— Work required —
Once the line with "(n : ℕ) (h h' : Heap)" is found in the entries below, print it and each following line exactly, stopping after the line with "malloc_stops n h = refl"; print nothing else.

:: Study material ::

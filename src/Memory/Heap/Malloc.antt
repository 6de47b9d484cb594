-- ===== src/Memory/Heap/Malloc.antt =====
-- `malloc`, kernel/src/memory/heap.cpp, against the allocator on lists of segments that it
-- implements: first fit, with at most two expansions.
use lensor_os.Prelude.{
  ℕ, zero, suc, ◌+◌, ◌-◌, ◌*◌, ◌/◌, ◌≡◌, ◌∙◌, refl, sym, subst, ◌≤◌, ◌<◌, true, false, Option, none,
  some, List, [], ◌∷◌, arith, ◌==◌, length, Bool-cases, inl, inr,
}
use lensor_os.Prelude.Words.{u64_mod}
use lensor_os.Memory.Physical.{page_size}
use lensor_os.Memory.Heap.Granted.{grants, table_pages, expansion_requests}
use lensor_os.Memory.Heap.{
  Heap, heap_virtual_base, header_size, heap_byte_align, expansion, expand_heap, round_up, Search,
  taken, missed, no_fuel, search, malloc_rounds, and_then,
}
use lensor_os.Memory.Heap.Chain.{Segment, after, past}
use lensor_os.Memory.Heap.Sound.{Sound}
use lensor_os.Memory.Heap.FirstFit.{first_fit, Finds, search-first_fit}
use lensor_os.Memory.Heap.Expand.{grow, past-grow, Expanded, expand_heap-Expanded}

-- The allocator on lists of segments: the first fit, or that of the grown list; the first argument
-- bounds how often it looks.
abbrev pub allocate_segments : ℕ → ℕ → List Segment → Option (ℕ × List Segment)
allocate_segments zero n segs = none
allocate_segments (suc rounds) n segs =
    let again = allocate_segments rounds n (grow (expansion n) segs) in
    elim (first_fit n heap_virtual_base segs) [ none ↦ again | some found ↦ some found ]

-- The heap answers as the list does, and is laid out as that afterwards.
abbrev pub Implements : Option (ℕ × List Segment) → Option (ℕ × Heap) → Type 0
Implements none o = o ≡ none
Implements (some (p, segs)) o = (h : Heap) × (o ≡ some (p, h)) × Sound h segs

length-past : (a : ℕ) (segs : List Segment) → a + length segs ≤ past a segs
length-past a [] = omega arith
length-past a (s ∷ rest) = ground (arith, length-past (after a s) rest)

-- The search from the start of the heap, with the heap's bytes as fuel.
whole_search :
    (n : ℕ) (h : Heap) (segs : List Segment)
    → Sound h segs
    → heap_byte_align ≤ n
    → Finds
        (first_fit n heap_virtual_base segs)
        []
        (search (h.heap_end - h.heap_start) n h.heap_start h)
whole_search n h [] v wide = absurd (omega (arith, v.populated, v.ends, v.start))
whole_search n h (s ∷ ys) v wide =
    let enough = length-past heap_virtual_base (s ∷ ys) in
    subst
      (λ (b : ℕ). Finds (first_fit n heap_virtual_base (s ∷ ys)) [] (search (h.heap_end - b) n b h))
      (sym v.start)
      (search-first_fit (h.heap_end - heap_virtual_base) n h [] s ys v wide
        (omega (arith, enough, v.ends)))

-- Enough pages are granted for so many expansions.
abbrev pub Granted : ℕ → ℕ → Heap → Type 0
Granted rounds n h = grants (rounds * expansion_requests n h) h.tables.physical ≡ true

grown-Expanded :
    (n k : ℕ) (h : Heap) (segs : List Segment)
    → grants (expansion_requests n h + k) h.tables.physical ≡ true
    → header_size ≤ expansion n
    → h.heap_end + expansion n < u64_mod
    → Sound h segs
    → Expanded k h (grow (expansion n) segs) (expand_heap n h)
grown-Expanded n k h [] g wide fits v = absurd (omega (arith, v.populated, v.ends, v.start))
grown-Expanded n k h (s ∷ ys) g wide fits v = expand_heap-Expanded n k h [] s ys g wide fits v

grown_end :
    (n : ℕ) (h h' : Heap) (segs : List Segment) (rounds : ℕ)
    → header_size ≤ expansion n
    → h.heap_end + suc rounds * expansion n < u64_mod
    → Sound h segs
    → Sound h' (grow (expansion n) segs)
    → h'.heap_end + rounds * expansion n < u64_mod
grown_end n h h' [] rounds wide fits v v' = absurd (omega (arith, v.populated, v.ends, v.start))
grown_end n h h' (s ∷ ys) rounds wide fits v v' =
    let longer = past-grow (expansion n) heap_virtual_base s ys wide in
    omega (arith, v'.ends, v.ends, longer)

malloc_call :
    (rounds n : ℕ) (h : Heap)
    → (n == 0) ≡ false
    → malloc_rounds (suc rounds) n h
      ≡ elim (search (h.heap_end - h.heap_start) (round_up n) h.heap_start h) [
        | taken payload h' ↦ some (payload, h')
        | missed ↦ and_then (malloc_rounds rounds (round_up n)) (expand_heap (round_up n) h)
        | no_fuel ↦ none
      ]
unfolding malloc_rounds
malloc_call rounds n h t = rw (malloc_rounds, t) refl

-- One call of `malloc`, by how the search ends.
malloc_step :
    (rounds n m : ℕ) (h : Heap)
    → 0 < n
    → round_up n ≡ m
    → malloc_rounds (suc rounds) n h ≡ elim (search (h.heap_end - h.heap_start) m h.heap_start h) [
      | taken payload h' ↦ some (payload, h')
      | missed ↦ and_then (malloc_rounds rounds m) (expand_heap m h)
      | no_fuel ↦ none
    ]
malloc_step rounds n m h p e =
    let Steps = λ (k : ℕ).
      malloc_rounds (suc rounds) n h ≡ elim (search (h.heap_end - h.heap_start) k h.heap_start h) [
        | taken payload h' ↦ some (payload, h')
        | missed ↦ and_then (malloc_rounds rounds k) (expand_heap k h)
        | no_fuel ↦ none
      ] in
    subst Steps e (malloc_call rounds n h (ground arith))

malloc_nothing :
    (rounds n : ℕ) (h : Heap) → (n == 0) ≡ true → malloc_rounds (suc rounds) n h ≡ some (0, h)
unfolding malloc_rounds
malloc_nothing rounds n h z = rw (malloc_rounds, z) refl

malloc_stops : (n : ℕ) (h : Heap) → malloc_rounds zero n h ≡ none
unfolding malloc_rounds
malloc_stops n h = refl

and_then_stops : (n : ℕ) (o : Option Heap) → and_then (malloc_rounds zero n) o ≡ none
and_then_stops n none = refl
and_then_stops n (some h) = malloc_stops n h

Finds-Implements :
    (o : Option (ℕ × List Segment)) (r : Search) (other : Option (ℕ × Heap))
    (list : Option (ℕ × List Segment))
    → Finds o [] r
    → (o ≡ none → Implements list other)
    → Implements
        (elim o [ none ↦ list | some found ↦ some found ])
        (elim r [ taken payload h' ↦ some (payload, h') | missed ↦ other | no_fuel ↦ none ])
Finds-Implements none r other list e next = rw e (next refl)
Finds-Implements (some (p, segs)) r other list (h', e, v) next = rw e (h', refl, v)

pub malloc_rounds-allocate_segments :
    (rounds n m : ℕ) (h : Heap) (segs : List Segment)
    → 0 < n
    → round_up n ≡ m
    → round_up m ≡ m
    → heap_byte_align ≤ m
    → header_size ≤ expansion m
    → h.heap_end + rounds * expansion m < u64_mod
    → Granted rounds m h
    → Sound h segs
    → Implements (allocate_segments (suc rounds) m segs) (malloc_rounds (suc rounds) n h)
malloc_rounds-allocate_segments zero n m h segs p e e' wide large fits g v =
    rw (malloc_step zero n m h p e) (
      Finds-Implements (first_fit m heap_virtual_base segs) _ _ none (whole_search m h segs v wide)
        (λ _. and_then_stops m (expand_heap m h)))
malloc_rounds-allocate_segments (suc rounds) n m h segs p e e' wide large fits g v =
    let x =
      grown-Expanded m (rounds * expansion_requests m h) h segs
        (subst (λ c. grants c h.tables.physical ≡ true) (omega arith) g) large (omega arith) v in
    let room : x.heap.heap_end + rounds * expansion m < u64_mod =
      grown_end m h x.heap segs rounds large fits v x.sound in
    let g' : Granted rounds m x.heap =
      subst
        (λ maps.
          grants (rounds * (expansion m / page_size * (4 + table_pages maps)))
            x.heap.tables.physical
          ≡ true)
        (sym x.maps) x.left in
    rw (malloc_step (suc rounds) n m h p e) (
      Finds-Implements (first_fit m heap_virtual_base segs) _ _ _ (whole_search m h segs v wide)
        (λ _.
          subst
            (λ o.
              Implements (allocate_segments (suc rounds) m (grow (expansion m) segs))
                (and_then (malloc_rounds (suc rounds) m) o))
            (sym x.done)
            (malloc_rounds-allocate_segments rounds m m x.heap _ (omega arith) e' e' wide large room
              g' x.sound)))

call_more :
    (r : Search) (o o' : Option (ℕ × Heap)) (x : ℕ × Heap)
    → (o ≡ some x → o' ≡ some x)
    → elim r [ taken payload h ↦ some (payload, h) | missed ↦ o | no_fuel ↦ none ] ≡ some x
    → elim r [ taken payload h ↦ some (payload, h) | missed ↦ o' | no_fuel ↦ none ] ≡ some x
call_more (taken payload h) o o' x more e = e
call_more missed o o' x more e = more e
call_more no_fuel o o' x more e = e

and_then_more :
    (f g : Heap → Option (ℕ × Heap)) (o : Option Heap) (x : ℕ × Heap)
    → ((h : Heap) → f h ≡ some x → g h ≡ some x)
    → and_then f o ≡ some x
    → and_then g o ≡ some x
and_then_more f g none x more e = e
and_then_more f g (some h) x more e = more h e

-- An answer stays the same with more calls allowed.
malloc_rounds_more :
    (rounds n : ℕ) (h : Heap) (x : ℕ × Heap)
    → malloc_rounds rounds n h ≡ some x
    → malloc_rounds (suc rounds) n h ≡ some x
malloc_rounds_more zero n h x e = absurd (ground (arith, e, malloc_stops n h))
malloc_rounds_more (suc rounds) n h x e = elim (Bool-cases (n == 0)) [
  | inl z ↦ malloc_nothing (suc rounds) n h z ∙ sym (malloc_nothing rounds n h z) ∙ e
  | inr nz ↦
      malloc_call (suc rounds) n h nz
      ∙ call_more (search (h.heap_end - h.heap_start) (round_up n) h.heap_start h)
          (and_then (malloc_rounds rounds (round_up n)) (expand_heap (round_up n) h))
          (and_then (malloc_rounds (suc rounds) (round_up n)) (expand_heap (round_up n) h)) x
          (and_then_more (malloc_rounds rounds (round_up n))
            (malloc_rounds (suc rounds) (round_up n)) (expand_heap (round_up n) h) x
            (λ h' e'. malloc_rounds_more rounds (round_up n) h' x e'))
          (sym (malloc_call rounds n h nz) ∙ e)
]

pub malloc_rounds_any :
    (k rounds n : ℕ) (h : Heap) (x : ℕ × Heap)
    → malloc_rounds rounds n h ≡ some x
    → malloc_rounds (k + rounds) n h ≡ some x
malloc_rounds_any zero rounds n h x e = let z : 0 + rounds ≡ rounds = omega arith in rw z e
malloc_rounds_any (suc k) rounds n h x e =
    let s : suc k + rounds ≡ suc (k + rounds) = omega arith in
    rw s (malloc_rounds_more (k + rounds) n h x (malloc_rounds_any k rounds n h x e))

:::

— Solution for this exercise —
    (n : ℕ) (h h' : Heap) (segs : List Segment) (rounds : ℕ)
    → header_size ≤ expansion n
    → h.heap_end + suc rounds * expansion n < u64_mod
    → Sound h segs
    → Sound h' (grow (expansion n) segs)
    → h'.heap_end + rounds * expansion n < u64_mod
grown_end n h h' [] rounds wide fits v v' = absurd (omega (arith, v.populated, v.ends, v.start))
grown_end n h h' (s ∷ ys) rounds wide fits v v' =
    let longer = past-grow (expansion n) heap_virtual_base s ys wide in
    omega (arith, v'.ends, v.ends, longer)

malloc_call :
    (rounds n : ℕ) (h : Heap)
    → (n == 0) ≡ false
    → malloc_rounds (suc rounds) n h
      ≡ elim (search (h.heap_end - h.heap_start) (round_up n) h.heap_start h) [
        | taken payload h' ↦ some (payload, h')
        | missed ↦ and_then (malloc_rounds rounds (round_up n)) (expand_heap (round_up n) h)
        | no_fuel ↦ none
      ]
unfolding malloc_rounds
malloc_call rounds n h t = rw (malloc_rounds, t) refl

-- One call of `malloc`, by how the search ends.
malloc_step :
    (rounds n m : ℕ) (h : Heap)
    → 0 < n
    → round_up n ≡ m
    → malloc_rounds (suc rounds) n h ≡ elim (search (h.heap_end - h.heap_start) m h.heap_start h) [
      | taken payload h' ↦ some (payload, h')
      | missed ↦ and_then (malloc_rounds rounds m) (expand_heap m h)
      | no_fuel ↦ none
    ]
malloc_step rounds n m h p e =
    let Steps = λ (k : ℕ).
      malloc_rounds (suc rounds) n h ≡ elim (search (h.heap_end - h.heap_start) k h.heap_start h) [
        | taken payload h' ↦ some (payload, h')
        | missed ↦ and_then (malloc_rounds rounds k) (expand_heap k h)
        | no_fuel ↦ none
      ] in
    subst Steps e (malloc_call rounds n h (ground arith))

malloc_nothing :
    (rounds n : ℕ) (h : Heap) → (n == 0) ≡ true → malloc_rounds (suc rounds) n h ≡ some (0, h)
unfolding malloc_rounds
malloc_nothing rounds n h z = rw (malloc_rounds, z) refl

malloc_stops : (n : ℕ) (h : Heap) → malloc_rounds zero n h ≡ none
unfolding malloc_rounds
malloc_stops n h = refl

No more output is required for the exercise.